WORK TASK:
The answer must be an exact reproduction of the lines from the start of the records below through the line containing "pub Fits : A → Type 0", and nothing more.

DATA FOR THIS EXERCISE:
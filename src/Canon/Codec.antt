-- ===== src/Canon/Codec.antt =====
-- Prefix codes: an encoder and a reader of one format, with the law that the reader gives back the
-- value and leaves whatever follows it. A message's format is put together from these.
use sohocloud_protocol.Prelude.{
  ℕ, zero, suc, ◌≡◌, refl, ap, sym, ◌∙◌, Option, none, some, List, [], ◌∷◌, ◌++◌, append_assoc,
  length, All,
}
use sohocloud_protocol.Prelude.Int.{IsU64}
use sohocloud_protocol.Golang.Binary.{put_uvarint, get_uvarint, get_uvarint-put_uvarint}

infixl 5 ◌>>=◌
abbrev pub ◌>>=◌ : {A B : Type 0} → Option A → (A → Option B) → Option B
none >>= f = none
some a >>= f = f a

pub record Codec (A : Type 0) : Type 1 where
  pub encode : A → List ℕ
  pub decode : List ℕ → Option (A × List ℕ)
  pub Fits : A → Type 0
  pub decode-encode : (a : A) (rest : List ℕ) → Fits a → decode (encode a ++ rest) ≡ some (a, rest)

-- One format behind another.
module _ {A B : Type 0} (c : Codec A) (d : Codec B) where
  abbrev pair_encode : A × B → List ℕ
  pair_encode p = c.encode p.0 ++ d.encode p.1

  abbrev pair_decode : List ℕ → Option ((A × B) × List ℕ)
  pair_decode l = do (a, r) ← c.decode l; (b, r') ← d.decode r; some ((a, b), r')

  pub pair_decode-encode :
      (p : A × B) (rest : List ℕ)
      → c.Fits p.0 × d.Fits p.1
      → pair_decode (pair_encode p ++ rest) ≡ some (p, rest)
  pair_decode-encode p rest (h, k) =
      rw append_assoc
        (rw (c.decode-encode p.0 (d.encode p.1 ++ rest) h) (rw (d.decode-encode p.1 rest k)))

infixr 60 ◌⊗◌
abbrev pub ◌⊗◌ : {A B : Type 0} → Codec A → Codec B → Codec (A × B)
c ⊗ d = record {
  encode = pair_encode c d;
  decode = pair_decode c d;
  Fits = λ p. c.Fits p.0 × d.Fits p.1;
  decode-encode = pair_decode-encode c d;
}

-- A count and then that many elements, one behind the other.
module _ {A : Type 0} (c : Codec A) where
  abbrev pub encode_all : List A → List ℕ
  encode_all [] = []
  encode_all (x ∷ xs) = c.encode x ++ encode_all xs

  abbrev decode_all : ℕ → List ℕ → Option (List A × List ℕ)
  decode_all zero l = some ([], l)
  decode_all (suc n) l = do (x, r) ← c.decode l; (xs, r') ← decode_all n r; some (x ∷ xs, r')

  decode_all-encode_all :
      (xs : List A) (rest : List ℕ)
      → All c.Fits xs
      → decode_all (length xs) (encode_all xs ++ rest) ≡ some (xs, rest)
  decode_all-encode_all [] rest h = refl
  decode_all-encode_all (x ∷ xs) rest (h, hs) =
      rw append_assoc
        (rw (c.decode-encode x (encode_all xs ++ rest) h) (rw (decode_all-encode_all xs rest hs)))

  abbrev counted_encode : List A → List ℕ
  counted_encode xs = put_uvarint (length xs) ++ encode_all xs

  abbrev counted_decode : List ℕ → Option (List A × List ℕ)
  counted_decode l = do (n, r) ← get_uvarint l; decode_all n r

  pub counted_decode-encode :
      (xs : List A) (rest : List ℕ)
      → IsU64 (length xs) × All c.Fits xs
      → counted_decode (counted_encode xs ++ rest) ≡ some (xs, rest)
  counted_decode-encode xs rest (h, hs) = rw append_assoc (
      rw (get_uvarint-put_uvarint (length xs) (encode_all xs ++ rest) h)
        (decode_all-encode_all xs rest hs))

abbrev pub counted : {A : Type 0} → Codec A → Codec (List A)
counted c = record {
  encode = counted_encode c;
  decode = counted_decode c;
  Fits = λ xs. IsU64 (length xs) × All c.Fits xs;
  decode-encode = counted_decode-encode c;
}

some_pair :
    {A B : Type 0} {a b : A} {r s : B}
    → ◌≡◌ {A = Option (A × B)} (some (a, r)) (some (b, s))
    → (a ≡ b) × (r ≡ s)
some_pair h = (cc, cc)

-- No value's code is the beginning of another's.
pub encode-cancel :
    {A : Type 0} (c : Codec A) (a b : A) (r s : List ℕ)
    → c.Fits a
    → c.Fits b
    → c.encode a ++ r ≡ c.encode b ++ s
    → (a ≡ b) × (r ≡ s)
encode-cancel c a b r s h k e =
    some_pair (sym (c.decode-encode a r h) ∙ ap c.decode e ∙ c.decode-encode b s k)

ANSWER SECTION:
filename src/Canon/Codec.antt
-- ===== src/Canon/Codec.antt =====
-- Prefix codes: an encoder and a reader of one format, with the law that the reader gives back the
-- value and leaves whatever follows it. A message's format is put together from these.
use sohocloud_protocol.Prelude.{
  ℕ, zero, suc, ◌≡◌, refl, ap, sym, ◌∙◌, Option, none, some, List, [], ◌∷◌, ◌++◌, append_assoc,
  length, All,
}
use sohocloud_protocol.Prelude.Int.{IsU64}
use sohocloud_protocol.Golang.Binary.{put_uvarint, get_uvarint, get_uvarint-put_uvarint}

infixl 5 ◌>>=◌
abbrev pub ◌>>=◌ : {A B : Type 0} → Option A → (A → Option B) → Option B
none >>= f = none
some a >>= f = f a

pub record Codec (A : Type 0) : Type 1 where
  pub encode : A → List ℕ
  pub decode : List ℕ → Option (A × List ℕ)
  pub Fits : A → Type 0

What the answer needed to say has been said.